Disable local caching of files.

This has been designed this way, we can't stream the content of the files we serve.

One repro though could be to setup a site with static files and a static file provider for each different location, then to a test on each of these endpoints. I would expect it to behave the same way, but I worry that it would not show up as slow as you are describing, or more people would have mentioned it.

[Piedone]

I see, so we always need local files.

Do you mean, to test static file performance as raw as possible in multiple Azure regions? I'm not sure I have that kind of motivation in me :).

[sebastienros]

@Piedone no, I meant testing the different disks/folders we can use locally with just static files, no orchard middleware. In the same region/subscription you are already using.

Just to repro the problem:
a- it repros, they can't tell us it's a problem in orchard
b- it doesn't repro then we can investigate more and try to find what we did wrong

[Piedone]

I see what I can do. For now, I did some testing with file mounts, following the docs. All of the tests below are with the same App Service as before, without any traffic apart from me.

• With a standard Hot tier file share the performance was even worse than with the local drive, going up to 1 minute for certain requests.
• With a Premium tier file share (which is supposed to be a high perf SSD) it was sometimes worse than the default shared storage of the App Service (requests up to 30-40s), sometimes about the same (2-4s) but definitely not faster.

So, this is not a solution.
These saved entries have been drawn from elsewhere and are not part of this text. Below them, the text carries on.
-- ===== src/Upstreams/Strategy.antt =====
-- `Strategy::query_refs` of crates/infrastructure/src/dns/load_balancer/strategy.rs.
use ferrous_dns.Base.{ℕ, Option, some, List}
use ferrous_dns.Upstreams.Query.{UpstreamResult, QueryContext, World, Asked}
use ferrous_dns.Upstreams.Failover
use ferrous_dns.Upstreams.Balanced
use ferrous_dns.Upstreams.Parallel

pub data Strategy : Type 0 where
  parallel : Strategy
  balanced : ℕ → Strategy
  failover : Strategy

module _ {K : Type 0} (same : Discrete K) (w : World K) where
  -- What is asked and returned, `none` for a panic, and the strategy after.
  unfoldable pub query_refs :
      Strategy → QueryContext K → List K → Option (Asked K UpstreamResult) × Strategy
  query_refs parallel ctx asked = (some (Parallel.query same w ctx asked), parallel)
  query_refs (balanced next) ctx asked =
      let run = Balanced.query same w ctx next asked in (run.0, balanced run.1)
  query_refs failover ctx asked = (some (Failover.query same w ctx asked), failover)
However, I continued testing the Premium tier because (since you're closer to renting a piece of hardware than with the default App Service storage) you ought to get more consistent performance.

Opening a page after a cache purge with 26 resized images (https://ikwileentaart.nl/gebakjes), causes, according to the metrics of the file share, almost 2k transactions (and ~3 MB egress/ingress), while a page with 7 resized images (https://ikwileentaart.nl/mini-gebakjes) causes 735 transactions (1 MB egress/ingress). Opening the same pages once the caches are warm causes 286 transactions (900 KB egress, 55 KB ingress) and 155 transactions (675 KB egress, 35 KB ingress), respectively.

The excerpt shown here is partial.